▶ [Exercise]
Read the lines below. Copy out any that hold the string "refl".

▶ [Provided data]

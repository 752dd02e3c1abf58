-- ===== src/Binding/Binary.antt =====
-- The fields of an event in binary mode, for a binding that carries the media type in a field of its
-- own, outside the attributes.
use cloudevents_sdk_cpp.Base.{
  ◌≡◌, refl, ap, ◌∙◌, true, false, Option, none, some, [], ◌∷◌, ◌++◌, append-nil, map, Bytes, All,
}
use cloudevents_sdk_cpp.Errors.{ok}
use cloudevents_sdk_cpp.Headers.{RawHeaders, find_if}
use cloudevents_sdk_cpp.Platform.{Platform}
use cloudevents_sdk_cpp.Event.{Event, Builder, DataT, empty_builder}
use cloudevents_sdk_cpp.Timestamp.RoundTrip.{HasGroups}
use cloudevents_sdk_cpp.Binding.{Traits, same_field_name, carries_prefix}
use cloudevents_sdk_cpp.Binding.Apart.{Apart, Apart-append, put-add, first_repeated_name-none}
use cloudevents_sdk_cpp.Binding.Write.{write_attributes, finish_writing}
use cloudevents_sdk_cpp.Binding.Read.{read_attributes, read_loop}
use cloudevents_sdk_cpp.Binding.Carried.{
  attributes_of, extension_texts, IsName, write_context-put_all, put_all-fields, read_loop-fields,
}
use cloudevents_sdk_cpp.Binding.Collected.{
  shown_time, Each, IsValid, staged, as_texts, apply_all-attributes_of,
}
use cloudevents_sdk_cpp.Binding.Separate.{
  attributes_of-NamesApart, attributes_of-IsName, fields-Apart,
}

-- The event that a reader of the message makes: the time has the nanoseconds that its digits show, the
-- extensions are texts, and the payload is what the body holds.
abbrev pub received : {P : Platform} → Event P → DataT P → Event P
received e payload = record e {
  rest = record e.rest {
    time = shown_time e.rest.time;
    extensions = as_texts e.rest.extensions;
    payload = payload;
  };
}

-- the field of the media type
abbrev pub media_type_field : Traits → Option Bytes → RawHeaders
media_type_field T none = []
media_type_field T (some media_type) = (T.content_type_header, media_type) ∷ []

module _ (T : Traits) (E : Bytes → Bytes) (Good : Bytes → Type 0)
    (encodes : (v : Bytes) → Good v → T.encode_value v ≡ ok (E v))
    (decodes : (v : Bytes) → Good v → T.decode_value (E v) ≡ ok v)
    (outside : T.content_type_as_attribute ≡ false)
    (unprefixed : carries_prefix T T.content_type_header ≡ false)
    (separate : (n : Bytes)
      → same_field_name T (T.attribute_prefix ++ n) T.content_type_header ≡ false)
    (itself : same_field_name T T.content_type_header T.content_type_header ≡ true) where
  abbrev pub fields_of : RawHeaders → RawHeaders
  fields_of attrs = map (λ a. (T.attribute_prefix ++ a.0, E a.1)) attrs

  -- `find` or `find_exact` of the media type
  abbrev pub find_media_type : RawHeaders → Option Bytes
  find_media_type entries = find_if (λ c. same_field_name T c T.content_type_header) entries

  not_content_type :
      (attrs : RawHeaders)
      → All (λ f. same_field_name T f.0 T.content_type_header ≡ false) (fields_of attrs)
  not_content_type [] = tt
  not_content_type (a ∷ attrs) = (separate a.0, not_content_type attrs)

  find-past :
      (attrs more : RawHeaders) → find_media_type (fields_of attrs ++ more) ≡ find_media_type more
  unfolding find_if
  find-past [] more = refl
  find-past (a ∷ attrs) more = rw (separate a.0) (find-past attrs more)

  find-media_type_field :
      (media_type : Option Bytes) → find_media_type (media_type_field T media_type) ≡ media_type
  unfolding find_if
  find-media_type_field none = refl
  find-media_type_field (some m) = rw itself refl

  read_loop-media_type_field :
      {P : Platform} (b : Builder P) (media_type : Option Bytes)
      → read_loop T b (media_type_field T media_type) ≡ ok b
  unfolding read_loop
  read_loop-media_type_field b none = refl
  read_loop-media_type_field b (some m) = rw unprefixed refl

  finish_writing-field :
      (media_type : Option Bytes) (h : RawHeaders)
      → All (λ f. same_field_name T f.0 T.content_type_header ≡ false) h
      → finish_writing T media_type (h, ok tt) ≡ (h ++ media_type_field T media_type, ok tt)
  finish_writing-field none h other = rw (append-nil h) refl
  finish_writing-field (some m) h other =
      rw (put-add T h T.content_type_header m other, outside) refl

  media_type_field-Apart : (media_type : Option Bytes) → Apart T (media_type_field T media_type)
  media_type_field-Apart none = tt
  media_type_field-Apart (some m) = (tt, tt)

  apart_media_type :
      (media_type : Option Bytes) (h : RawHeaders)
      → All (λ f. same_field_name T f.0 T.content_type_header ≡ false) h
      → All (λ e. All (λ f. same_field_name T e.0 f.0 ≡ false) (media_type_field T media_type)) h
  apart_media_type media_type [] other = tt
  apart_media_type none (f ∷ fs) (o, os) = (tt, apart_media_type none fs os)
  apart_media_type (some m) (f ∷ fs) (o, os) = ((o, tt), apart_media_type (some m) fs os)

  module _ {P : Platform} (e : Event P) (valid : IsValid e) (timed : Each (HasGroups P) e.rest.time)
      (good : All (λ a. Good a.1) (attributes_of e))
      (lower : All (λ f. IsName f.0) (extension_texts e.rest.extensions)) where
    abbrev pub fields : RawHeaders
    fields = fields_of (attributes_of e) ++ media_type_field T e.rest.datacontenttype

    apart : Apart T (fields_of (attributes_of e))
    apart =
        fields-Apart T E (attributes_of e) (attributes_of-IsName e lower)
          (attributes_of-NamesApart e valid)

    all_fields-Apart : Apart T fields
    all_fields-Apart =
        Apart-append T (fields_of (attributes_of e)) (media_type_field T e.rest.datacontenttype)
          apart (media_type_field-Apart e.rest.datacontenttype)
          (apart_media_type e.rest.datacontenttype (fields_of (attributes_of e))
            (not_content_type (attributes_of e)))

    pub write_attributes-fields : write_attributes T e [] ≡ (fields, ok tt)
    unfolding write_attributes
    write_attributes-fields =
        ap (finish_writing T e.rest.datacontenttype) (
          write_context-put_all T e ([], ok tt)
          ∙ put_all-fields T E Good encodes decodes [] (attributes_of e) good apart)
        ∙ finish_writing-field e.rest.datacontenttype (fields_of (attributes_of e))
            (not_content_type (attributes_of e))

    pub read_attributes-fields :
        read_attributes T {P = P} fields
        ≡ ok (
            staged e.id e.source e.type e.rest.dataschema e.rest.subject
              (shown_time e.rest.time)
              (as_texts e.rest.extensions))
    unfolding read_attributes
    read_attributes-fields = rw (first_repeated_name-none T fields all_fields-Apart) (
        read_loop-fields T E Good encodes decodes empty_builder (attributes_of e)
          (media_type_field T e.rest.datacontenttype) good (attributes_of-IsName e lower)
        ∙ rw (apply_all-attributes_of T e valid timed)
            (read_loop-media_type_field _ e.rest.datacontenttype))

    pub find-fields : find_media_type fields ≡ e.rest.datacontenttype
    find-fields =
        find-past (attributes_of e) (media_type_field T e.rest.datacontenttype)
        ∙ find-media_type_field e.rest.datacontenttype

▶ [Response to the exercise]
  ◌≡◌, refl, ap, ◌∙◌, true, false, Option, none, some, [], ◌∷◌, ◌++◌, append-nil, map, Bytes, All,
  find-past [] more = refl
  find-media_type_field none = refl
  find-media_type_field (some m) = rw itself refl
  read_loop-media_type_field b none = refl
  read_loop-media_type_field b (some m) = rw unprefixed refl
  finish_writing-field none h other = rw (append-nil h) refl
      rw (put-add T h T.content_type_header m other, outside) refl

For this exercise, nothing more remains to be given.